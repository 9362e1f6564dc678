-- ===== src/Endpoint/Allocating.antt =====
-- What a client that an endpoint lets in is given.
use cnf_nsm.Common.{
  ℕ, ◌<◌, ◌≤◌, ◌≡◌, refl, ap, ◌∙◌, true, [], ◌∷◌, Option, none, some, Bytes, arith, length, inl,
  inr, Bool-cases, str_eq, str_eq_iff,
}
use cnf_nsm.Common.GoMap.{GoMap, lookup, erase, insert, length-erase-le}
use cnf_nsm.Errors.{Result-cases, ok}
use cnf_nsm.External.{Os, SdkNames, Connection, InterfaceConfig}
use cnf_nsm.Proto.{
  ConnectionInterfaceType, default_interface, kernel_interface, mem_interface, unnamed,
  NetworkServiceEndpoint,
}
use cnf_nsm.Endpoint.{
  NsmConnection, NsmEndpoint, Next, typed_config, build_interface_config, interface_name,
  get_connection_index, known_index, allocate_connection_index,
}
use cnf_nsm.Endpoint.Config.{built_by_index, built_by_label_index}
use cnf_nsm.Endpoint.Index.{allocate_connection_index_lem}
use cnf_nsm.Endpoint.Invariant.{IsValid}
use cnf_nsm.Endpoint.Allocation.{
  Allocation, IsChosen, by_index, by_label, Assigns, assigns, indexes, indexes-insert,
  release_absent, IsFirstFree-indexes,
}

-- Whether a configuration can be made does not depend on the name of the interface.
typed_config_renamed :
    (os : Os) (names : SdkNames) (cfg : NetworkServiceEndpoint) (conn : Connection)
    (type : ConnectionInterfaceType) (n m : Bytes) (c : InterfaceConfig)
    → typed_config os names cfg conn type n ≡ ok c
    → (d : InterfaceConfig) × (typed_config os names cfg conn type m ≡ ok d)
unfolding typed_config
typed_config_renamed os names cfg conn default_interface n m c h = (_, refl)
typed_config_renamed os names cfg conn kernel_interface n m c h = (_, refl)
typed_config_renamed os names cfg conn mem_interface n m c h =
    elim (Result-cases (typed_config os names cfg conn mem_interface m)) [
      | inl (x, failed) ↦ absurd (ground arith)
      | inr found ↦ found
    ]
typed_config_renamed os names cfg conn (unnamed k) n m c h = cc

indexes_none : (m : GoMap NsmConnection) → length m ≤ 0 → (id : Bytes) → indexes m id ≡ none
unfolding indexes lookup
indexes_none [] h id = refl
indexes_none (c ∷ m) h id = absurd (omega arith)

pub length-erase-lt :
    (k : Bytes) (m : GoMap NsmConnection) (c : NsmConnection)
    → lookup k m ≡ some c
    → length (erase k m) < length m
unfolding lookup erase
length-erase-lt k [] c h = cc
length-erase-lt k ((j, d) ∷ m) c h = ground (arith, length-erase-lt k m c, length-erase-le k m)

module _ (os : Os) (names : SdkNames) where
  -- Whether a configuration can be built does not depend on the open connections.
  pub built_alike :
      (e e' : NsmEndpoint) (cfg : NetworkServiceEndpoint) (conn : Connection) (c : InterfaceConfig)
      (i : ℕ)
      → build_interface_config os names e cfg conn ≡ ok (c, i)
      → (r : InterfaceConfig × ℕ) × (build_interface_config os names e' cfg conn ≡ ok r)
  unfolding build_interface_config interface_name
  built_alike e e' cfg conn c i built = elim (Result-cases (interface_name e cfg conn)) [
    | inl (x, h) ↦ absurd (ground arith)
    | inr ((n, j), named) ↦ elim (Result-cases (interface_name e' cfg conn)) [
      | inl (x, h) ↦ absurd (ground arith)
      | inr ((m, k), named') ↦
          elim (Result-cases (typed_config os names cfg conn cfg.interface_type n)) [
            | inl (x, h) ↦ absurd (ground arith)
            | inr (d, made) ↦
                let (d', made') =
                  typed_config_renamed os names cfg conn cfg.interface_type n m d made in
                ((d', k), ground arith)
          ]
    ]
  ]

  -- The index of a new connection is the one that the endpoint promises.
  built-IsChosen :
      (e : NsmEndpoint) (conn : Connection) (c : InterfaceConfig) (i : ℕ)
      → IsValid e
      → lookup conn.id e.connections ≡ none
      → build_interface_config os names e e.cfg conn ≡ ok (c, i)
      → IsChosen e.cfg (indexes e.connections) i
  unfolding build_interface_config interface_name get_connection_index known_index
  built-IsChosen e conn c i v absent built =
      let label = e.cfg.interface_name_suffix_from_label in
      elim (Bool-cases (str_eq label [])) [
        | inl none_set ↦
            let no_label = (str_eq_iff label []).0 none_set in
            let least : i ≡ allocate_connection_index e =
              ground (arith, (built_by_index os names e conn built no_label).1) in
            by_index i no_label (
              IsFirstFree-indexes e.connections i v.ids
                (rw least (allocate_connection_index_lem e).0))
        | inr set ↦
            let zeroth : i ≡ 0 = built_by_label_index os names e conn built set in
            rw zeroth (by_label (λ no_label. ground (arith, str_eq_iff label [])))
      ]

  -- A client that is let in, and was not there, is assigned an index.
  pub admit_open :
      (next : Option Next) (e : NsmEndpoint) (conn : Connection) (c : InterfaceConfig) (i : ℕ)
      → IsValid e
      → lookup conn.id e.connections ≡ none
      → (e.cfg.single_client ≡ true → length e.connections ≤ 0)
      → build_interface_config os names e e.cfg conn ≡ ok (c, i)
      → Assigns e.cfg conn.id
          (indexes e.connections)
          (indexes (insert conn.id (record { index = i; conn = conn }) e.connections))
  admit_open next e conn c i v absent room built =
      let gone =
        release_absent conn.id (indexes e.connections) (unfold indexes in rw absent refl) in
      rw (indexes-insert conn.id (record { index = i; conn = conn }) e.connections) (
        assigns i (rw gone (built-IsChosen e conn c i v absent built)) (λ single id.
          ap (λ (s : Allocation). s id) gone ∙ indexes_none e.connections (room single) id))
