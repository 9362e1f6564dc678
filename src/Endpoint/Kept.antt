-- ===== src/Endpoint/Kept.antt =====
-- The configuration of an endpoint across its calls.
use cnf_nsm.Common.{◌≡◌, refl, List, [], ◌∷◌, Option, arith}
use cnf_nsm.External.{Os, SdkNames, Connection}
use cnf_nsm.Endpoint.{
  NsmConnection, NsmEndpoint, Next, close_connection, close_all, admit, drop_duplicate, request,
  close,
}
use cnf_nsm.Endpoint.Invariant.{close_connection_cases, admit_cases}

module _ (os : Os) (names : SdkNames) where
  pub cfg-close_connection :
      (e : NsmEndpoint) (conn : Connection) → (close_connection os names e conn).1.cfg ≡ e.cfg
  cfg-close_connection e conn =
      close_connection_cases os names (λ r. r.1.cfg ≡ e.cfg) e conn (λ x h. refl) (λ c i h. refl)

  cfg-admit :
      (next : Option Next) (e : NsmEndpoint) (conn : Connection)
      → (admit os names next e conn).1.cfg ≡ e.cfg
  cfg-admit next e conn =
      admit_cases os names (λ r. r.1.cfg ≡ e.cfg) next e conn (λ x. refl) (λ c i h room r. refl)

  pub cfg-drop_duplicate :
      (e : NsmEndpoint) (conn : Connection) → (drop_duplicate os names e conn).1.cfg ≡ e.cfg
  unfolding drop_duplicate
  cfg-drop_duplicate e conn = ground (arith, cfg-close_connection e conn)

  pub cfg-request :
      (next : Option Next) (e : NsmEndpoint) (conn : Connection)
      → (request os names next e conn).1.cfg ≡ e.cfg
  unfolding request
  cfg-request next e conn =
      ground
        (arith, cfg-drop_duplicate e conn, cfg-admit next (drop_duplicate os names e conn).1 conn)

  pub cfg-close :
      (next : Option Next) (e : NsmEndpoint) (conn : Connection)
      → (close os names next e conn).1.cfg ≡ e.cfg
  unfolding close
  cfg-close next e conn = ground (arith, cfg-close_connection e conn)

  pub cfg-close_all :
      (e : NsmEndpoint) (order : List NsmConnection) → (close_all os names e order).1.cfg ≡ e.cfg
  unfolding close_all
  cfg-close_all e [] = refl
  cfg-close_all e (c ∷ order) = ground (
    arith,
    cfg-close_connection e c.conn,
    cfg-close_all (close_connection os names e c.conn).1 order,
  )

:: What to do ::
No line before the one with "unfolding request" belongs in the answer; copy that line and the rest of the records exactly.

:: Your response ::
  unfolding request
  cfg-request next e conn =
      ground
        (arith, cfg-drop_duplicate e conn, cfg-admit next (drop_duplicate os names e conn).1 conn)

  pub cfg-close :
      (next : Option Next) (e : NsmEndpoint) (conn : Connection)
      → (close os names next e conn).1.cfg ≡ e.cfg
  unfolding close
  cfg-close next e conn = ground (arith, cfg-close_connection e conn)

  pub cfg-close_all :
      (e : NsmEndpoint) (order : List NsmConnection) → (close_all os names e order).1.cfg ≡ e.cfg
  unfolding close_all
  cfg-close_all e [] = refl
  cfg-close_all e (c ∷ order) = ground (
    arith,
    cfg-close_connection e c.conn,
    cfg-close_all (close_connection os names e c.conn).1 order,
  )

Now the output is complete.